What the task asks: Below are the entries. Transcribe exactly the lines from the one with "(set_status invalid_poll_limit (new" through the one with "unfoldable pub execute_reaper_plans_with_api", ends included, and leave out all others.

Records for the exercise:
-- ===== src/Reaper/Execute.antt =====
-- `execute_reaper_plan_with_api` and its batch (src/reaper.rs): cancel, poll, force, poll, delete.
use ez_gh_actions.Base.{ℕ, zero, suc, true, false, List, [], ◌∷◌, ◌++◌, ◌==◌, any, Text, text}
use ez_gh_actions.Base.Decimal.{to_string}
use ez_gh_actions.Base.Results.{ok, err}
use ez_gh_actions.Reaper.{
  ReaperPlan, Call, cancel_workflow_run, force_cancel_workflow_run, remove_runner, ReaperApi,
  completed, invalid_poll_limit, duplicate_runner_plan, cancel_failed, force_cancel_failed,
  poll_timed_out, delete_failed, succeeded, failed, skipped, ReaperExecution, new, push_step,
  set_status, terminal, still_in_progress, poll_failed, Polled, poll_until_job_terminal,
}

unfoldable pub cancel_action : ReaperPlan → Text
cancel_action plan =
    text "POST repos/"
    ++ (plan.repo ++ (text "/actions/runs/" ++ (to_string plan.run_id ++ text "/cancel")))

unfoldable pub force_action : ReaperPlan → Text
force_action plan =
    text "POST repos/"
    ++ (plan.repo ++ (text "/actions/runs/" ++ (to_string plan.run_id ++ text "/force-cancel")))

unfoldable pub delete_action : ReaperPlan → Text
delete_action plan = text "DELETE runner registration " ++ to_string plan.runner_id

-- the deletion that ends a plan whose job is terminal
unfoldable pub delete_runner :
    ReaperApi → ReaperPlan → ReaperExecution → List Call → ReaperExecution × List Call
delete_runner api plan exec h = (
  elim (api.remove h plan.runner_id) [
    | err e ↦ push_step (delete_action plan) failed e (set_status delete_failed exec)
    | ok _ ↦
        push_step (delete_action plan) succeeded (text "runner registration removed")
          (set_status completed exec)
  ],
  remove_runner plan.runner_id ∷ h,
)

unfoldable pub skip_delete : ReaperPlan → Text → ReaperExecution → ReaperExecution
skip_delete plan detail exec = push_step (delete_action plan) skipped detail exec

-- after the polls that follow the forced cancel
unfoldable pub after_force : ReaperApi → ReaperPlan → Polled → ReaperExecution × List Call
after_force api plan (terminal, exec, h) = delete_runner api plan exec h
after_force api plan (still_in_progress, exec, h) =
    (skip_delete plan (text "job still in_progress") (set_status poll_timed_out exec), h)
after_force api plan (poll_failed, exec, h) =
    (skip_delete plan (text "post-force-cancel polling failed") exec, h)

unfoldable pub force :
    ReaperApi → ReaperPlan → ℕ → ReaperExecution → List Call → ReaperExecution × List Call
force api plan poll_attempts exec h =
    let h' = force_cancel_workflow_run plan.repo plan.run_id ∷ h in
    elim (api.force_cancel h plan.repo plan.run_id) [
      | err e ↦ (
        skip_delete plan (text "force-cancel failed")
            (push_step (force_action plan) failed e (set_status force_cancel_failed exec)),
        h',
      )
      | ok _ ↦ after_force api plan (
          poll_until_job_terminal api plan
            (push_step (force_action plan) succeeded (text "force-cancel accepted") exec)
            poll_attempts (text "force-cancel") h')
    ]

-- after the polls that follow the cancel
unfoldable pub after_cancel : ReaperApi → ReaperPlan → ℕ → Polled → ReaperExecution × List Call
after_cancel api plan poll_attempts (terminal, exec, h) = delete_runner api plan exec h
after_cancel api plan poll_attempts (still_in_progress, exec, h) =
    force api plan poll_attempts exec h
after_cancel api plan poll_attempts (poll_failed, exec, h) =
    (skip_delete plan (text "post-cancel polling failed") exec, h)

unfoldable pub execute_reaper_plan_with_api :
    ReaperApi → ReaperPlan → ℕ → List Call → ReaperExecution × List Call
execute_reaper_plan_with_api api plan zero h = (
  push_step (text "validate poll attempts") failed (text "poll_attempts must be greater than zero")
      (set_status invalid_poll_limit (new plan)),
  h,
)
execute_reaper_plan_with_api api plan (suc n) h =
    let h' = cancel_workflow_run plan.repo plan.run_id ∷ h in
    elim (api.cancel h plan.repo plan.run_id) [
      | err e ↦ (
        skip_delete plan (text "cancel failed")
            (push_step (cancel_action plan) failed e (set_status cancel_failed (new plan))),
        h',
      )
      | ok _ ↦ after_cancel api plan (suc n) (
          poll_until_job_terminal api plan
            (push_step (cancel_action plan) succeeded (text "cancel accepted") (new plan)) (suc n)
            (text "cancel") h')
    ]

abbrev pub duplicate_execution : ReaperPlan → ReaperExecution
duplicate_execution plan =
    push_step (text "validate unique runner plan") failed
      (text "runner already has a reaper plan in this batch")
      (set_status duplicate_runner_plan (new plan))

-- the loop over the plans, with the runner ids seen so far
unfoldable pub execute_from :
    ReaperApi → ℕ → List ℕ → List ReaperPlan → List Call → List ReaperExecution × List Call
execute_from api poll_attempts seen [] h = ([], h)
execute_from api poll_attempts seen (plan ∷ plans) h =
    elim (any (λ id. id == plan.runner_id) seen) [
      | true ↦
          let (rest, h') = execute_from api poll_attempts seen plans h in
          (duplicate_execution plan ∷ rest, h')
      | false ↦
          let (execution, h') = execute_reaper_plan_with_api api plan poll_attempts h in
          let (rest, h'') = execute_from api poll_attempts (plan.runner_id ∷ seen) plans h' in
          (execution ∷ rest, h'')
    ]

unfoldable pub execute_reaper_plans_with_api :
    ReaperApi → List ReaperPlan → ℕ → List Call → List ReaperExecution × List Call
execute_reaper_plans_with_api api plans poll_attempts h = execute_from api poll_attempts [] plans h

Task output:
      (set_status invalid_poll_limit (new plan)),
  h,
)
execute_reaper_plan_with_api api plan (suc n) h =
    let h' = cancel_workflow_run plan.repo plan.run_id ∷ h in
    elim (api.cancel h plan.repo plan.run_id) [
      | err e ↦ (
        skip_delete plan (text "cancel failed")
            (push_step (cancel_action plan) failed e (set_status cancel_failed (new plan))),
        h',
      )
      | ok _ ↦ after_cancel api plan (suc n) (
          poll_until_job_terminal api plan
            (push_step (cancel_action plan) succeeded (text "cancel accepted") (new plan)) (suc n)
            (text "cancel") h')
    ]

abbrev pub duplicate_execution : ReaperPlan → ReaperExecution
duplicate_execution plan =
    push_step (text "validate unique runner plan") failed
      (text "runner already has a reaper plan in this batch")
      (set_status duplicate_runner_plan (new plan))

-- the loop over the plans, with the runner ids seen so far
unfoldable pub execute_from :
    ReaperApi → ℕ → List ℕ → List ReaperPlan → List Call → List ReaperExecution × List Call
execute_from api poll_attempts seen [] h = ([], h)
execute_from api poll_attempts seen (plan ∷ plans) h =
    elim (any (λ id. id == plan.runner_id) seen) [
      | true ↦
          let (rest, h') = execute_from api poll_attempts seen plans h in
          (duplicate_execution plan ∷ rest, h')
      | false ↦
          let (execution, h') = execute_reaper_plan_with_api api plan poll_attempts h in
          let (rest, h'') = execute_from api poll_attempts (plan.runner_id ∷ seen) plans h' in
          (execution ∷ rest, h'')
    ]

unfoldable pub execute_reaper_plans_with_api :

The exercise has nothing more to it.